Work request
In the listing below, pick out lines with "lastSuccess".
-- Record set follows --
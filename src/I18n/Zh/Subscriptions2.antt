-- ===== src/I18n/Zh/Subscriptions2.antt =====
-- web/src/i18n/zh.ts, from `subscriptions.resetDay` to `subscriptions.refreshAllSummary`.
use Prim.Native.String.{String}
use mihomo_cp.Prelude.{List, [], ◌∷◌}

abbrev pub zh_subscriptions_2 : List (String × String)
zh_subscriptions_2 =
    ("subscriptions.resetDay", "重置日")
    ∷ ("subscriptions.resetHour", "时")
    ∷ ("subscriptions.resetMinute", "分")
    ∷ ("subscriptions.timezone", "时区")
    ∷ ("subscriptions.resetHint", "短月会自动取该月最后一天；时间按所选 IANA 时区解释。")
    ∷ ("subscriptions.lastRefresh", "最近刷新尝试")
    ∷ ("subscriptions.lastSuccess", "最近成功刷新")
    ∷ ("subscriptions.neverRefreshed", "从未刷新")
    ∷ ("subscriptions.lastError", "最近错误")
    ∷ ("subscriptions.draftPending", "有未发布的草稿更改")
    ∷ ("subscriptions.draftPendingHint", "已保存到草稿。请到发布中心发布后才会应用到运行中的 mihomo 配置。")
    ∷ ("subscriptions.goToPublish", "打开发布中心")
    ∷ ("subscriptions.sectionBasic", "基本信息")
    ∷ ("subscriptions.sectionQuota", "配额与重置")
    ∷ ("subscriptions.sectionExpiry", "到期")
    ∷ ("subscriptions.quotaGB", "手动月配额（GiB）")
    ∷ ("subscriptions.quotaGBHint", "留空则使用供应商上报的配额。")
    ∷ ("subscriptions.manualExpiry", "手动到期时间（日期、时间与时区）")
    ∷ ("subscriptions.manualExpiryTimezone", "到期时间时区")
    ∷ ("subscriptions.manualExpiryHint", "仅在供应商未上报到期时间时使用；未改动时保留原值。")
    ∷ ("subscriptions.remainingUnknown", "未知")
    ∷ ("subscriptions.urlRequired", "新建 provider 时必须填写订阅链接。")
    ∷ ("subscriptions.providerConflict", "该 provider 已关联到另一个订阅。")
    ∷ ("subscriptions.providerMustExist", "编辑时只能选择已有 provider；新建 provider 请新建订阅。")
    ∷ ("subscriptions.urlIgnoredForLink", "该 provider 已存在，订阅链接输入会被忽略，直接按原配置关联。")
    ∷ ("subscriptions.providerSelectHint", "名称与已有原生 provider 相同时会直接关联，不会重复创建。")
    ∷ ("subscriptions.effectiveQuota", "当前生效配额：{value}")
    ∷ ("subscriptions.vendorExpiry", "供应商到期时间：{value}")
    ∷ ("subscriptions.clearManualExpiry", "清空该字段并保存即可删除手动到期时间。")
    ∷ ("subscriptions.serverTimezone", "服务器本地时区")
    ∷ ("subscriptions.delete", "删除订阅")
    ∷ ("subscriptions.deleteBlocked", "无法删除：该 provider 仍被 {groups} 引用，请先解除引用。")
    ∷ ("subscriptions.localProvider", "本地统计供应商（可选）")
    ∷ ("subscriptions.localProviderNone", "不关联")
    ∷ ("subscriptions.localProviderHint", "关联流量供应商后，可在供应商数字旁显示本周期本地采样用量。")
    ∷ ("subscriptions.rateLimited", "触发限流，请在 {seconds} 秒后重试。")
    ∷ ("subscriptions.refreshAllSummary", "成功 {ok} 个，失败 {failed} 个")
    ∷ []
-- Record set concluded --
-- Record set follows --
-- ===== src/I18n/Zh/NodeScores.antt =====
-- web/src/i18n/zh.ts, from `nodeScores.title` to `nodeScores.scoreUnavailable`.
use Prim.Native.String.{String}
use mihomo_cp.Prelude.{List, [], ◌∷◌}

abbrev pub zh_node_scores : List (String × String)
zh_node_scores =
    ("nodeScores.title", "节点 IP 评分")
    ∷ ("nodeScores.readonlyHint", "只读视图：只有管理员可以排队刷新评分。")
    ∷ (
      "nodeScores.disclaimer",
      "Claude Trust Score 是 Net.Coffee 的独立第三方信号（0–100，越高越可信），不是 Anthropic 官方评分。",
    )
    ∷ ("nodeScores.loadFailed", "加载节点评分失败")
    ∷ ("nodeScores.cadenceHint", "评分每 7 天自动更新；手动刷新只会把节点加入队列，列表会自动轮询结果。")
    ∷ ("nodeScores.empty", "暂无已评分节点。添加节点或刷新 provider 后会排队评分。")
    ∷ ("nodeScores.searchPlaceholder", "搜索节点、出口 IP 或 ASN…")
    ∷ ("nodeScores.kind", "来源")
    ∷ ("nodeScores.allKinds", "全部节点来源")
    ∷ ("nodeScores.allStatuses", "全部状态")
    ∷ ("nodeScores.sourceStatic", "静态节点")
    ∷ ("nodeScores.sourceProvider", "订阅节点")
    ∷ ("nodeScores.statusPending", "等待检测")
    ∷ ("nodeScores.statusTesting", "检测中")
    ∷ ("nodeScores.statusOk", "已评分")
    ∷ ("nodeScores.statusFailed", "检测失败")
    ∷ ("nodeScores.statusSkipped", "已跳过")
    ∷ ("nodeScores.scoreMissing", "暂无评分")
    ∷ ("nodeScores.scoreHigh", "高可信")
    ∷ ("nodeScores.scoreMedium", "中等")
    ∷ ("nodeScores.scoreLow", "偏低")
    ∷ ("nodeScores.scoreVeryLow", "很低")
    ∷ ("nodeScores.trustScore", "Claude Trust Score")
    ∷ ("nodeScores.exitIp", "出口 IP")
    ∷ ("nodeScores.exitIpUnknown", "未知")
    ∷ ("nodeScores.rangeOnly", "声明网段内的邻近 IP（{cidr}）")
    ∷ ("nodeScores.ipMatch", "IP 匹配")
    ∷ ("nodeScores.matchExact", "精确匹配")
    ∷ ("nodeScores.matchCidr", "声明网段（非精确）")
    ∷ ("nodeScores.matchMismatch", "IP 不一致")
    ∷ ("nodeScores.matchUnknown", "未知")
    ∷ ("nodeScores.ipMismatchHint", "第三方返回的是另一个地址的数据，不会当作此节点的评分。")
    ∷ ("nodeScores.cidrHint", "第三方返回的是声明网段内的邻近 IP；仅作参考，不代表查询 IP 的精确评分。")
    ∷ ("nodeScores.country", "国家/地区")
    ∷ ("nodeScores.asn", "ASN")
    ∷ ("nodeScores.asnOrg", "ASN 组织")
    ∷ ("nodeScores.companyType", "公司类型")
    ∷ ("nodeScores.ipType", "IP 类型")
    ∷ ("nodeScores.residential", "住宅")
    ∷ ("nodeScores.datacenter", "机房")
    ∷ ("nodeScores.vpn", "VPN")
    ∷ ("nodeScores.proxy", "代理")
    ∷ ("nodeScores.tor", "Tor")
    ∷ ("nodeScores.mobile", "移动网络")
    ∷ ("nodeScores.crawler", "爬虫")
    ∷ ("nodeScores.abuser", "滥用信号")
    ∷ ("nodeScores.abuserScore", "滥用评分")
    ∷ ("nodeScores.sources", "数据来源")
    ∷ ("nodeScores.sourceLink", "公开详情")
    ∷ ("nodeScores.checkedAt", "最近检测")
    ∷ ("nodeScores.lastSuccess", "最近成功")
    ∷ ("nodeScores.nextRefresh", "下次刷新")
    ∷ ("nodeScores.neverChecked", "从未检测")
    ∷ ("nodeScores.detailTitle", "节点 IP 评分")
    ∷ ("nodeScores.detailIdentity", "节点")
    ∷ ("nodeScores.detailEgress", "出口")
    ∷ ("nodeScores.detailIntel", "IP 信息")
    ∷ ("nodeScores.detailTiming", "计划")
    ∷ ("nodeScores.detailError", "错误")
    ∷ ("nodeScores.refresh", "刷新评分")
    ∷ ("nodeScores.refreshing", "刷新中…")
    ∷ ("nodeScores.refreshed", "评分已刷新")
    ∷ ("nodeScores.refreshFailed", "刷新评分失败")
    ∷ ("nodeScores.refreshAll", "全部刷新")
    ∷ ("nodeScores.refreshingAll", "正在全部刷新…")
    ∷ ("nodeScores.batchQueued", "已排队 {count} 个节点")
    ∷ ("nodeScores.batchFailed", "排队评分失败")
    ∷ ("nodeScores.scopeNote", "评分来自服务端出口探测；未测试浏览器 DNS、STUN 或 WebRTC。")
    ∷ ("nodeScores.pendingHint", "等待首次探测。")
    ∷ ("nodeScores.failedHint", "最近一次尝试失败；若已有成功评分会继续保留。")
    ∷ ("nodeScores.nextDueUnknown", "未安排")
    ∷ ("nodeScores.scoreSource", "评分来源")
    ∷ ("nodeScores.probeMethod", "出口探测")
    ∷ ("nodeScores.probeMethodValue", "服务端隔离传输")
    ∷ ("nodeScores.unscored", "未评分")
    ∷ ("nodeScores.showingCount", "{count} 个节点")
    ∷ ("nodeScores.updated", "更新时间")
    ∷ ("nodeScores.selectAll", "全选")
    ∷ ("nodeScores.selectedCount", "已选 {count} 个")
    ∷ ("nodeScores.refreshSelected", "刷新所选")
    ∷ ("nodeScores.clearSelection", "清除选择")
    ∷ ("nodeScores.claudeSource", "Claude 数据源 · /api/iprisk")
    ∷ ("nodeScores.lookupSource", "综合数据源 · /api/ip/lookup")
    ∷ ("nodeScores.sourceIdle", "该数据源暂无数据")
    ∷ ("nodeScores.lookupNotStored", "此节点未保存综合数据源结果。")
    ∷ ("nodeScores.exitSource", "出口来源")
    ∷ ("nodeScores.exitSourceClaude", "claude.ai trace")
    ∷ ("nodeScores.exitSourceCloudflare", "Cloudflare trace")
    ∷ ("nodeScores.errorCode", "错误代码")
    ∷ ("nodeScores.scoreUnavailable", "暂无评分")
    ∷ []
-- Record set concluded --
Answer area
    ∷ ("subscriptions.lastSuccess", "最近成功刷新")
    ∷ ("nodeScores.lastSuccess", "最近成功")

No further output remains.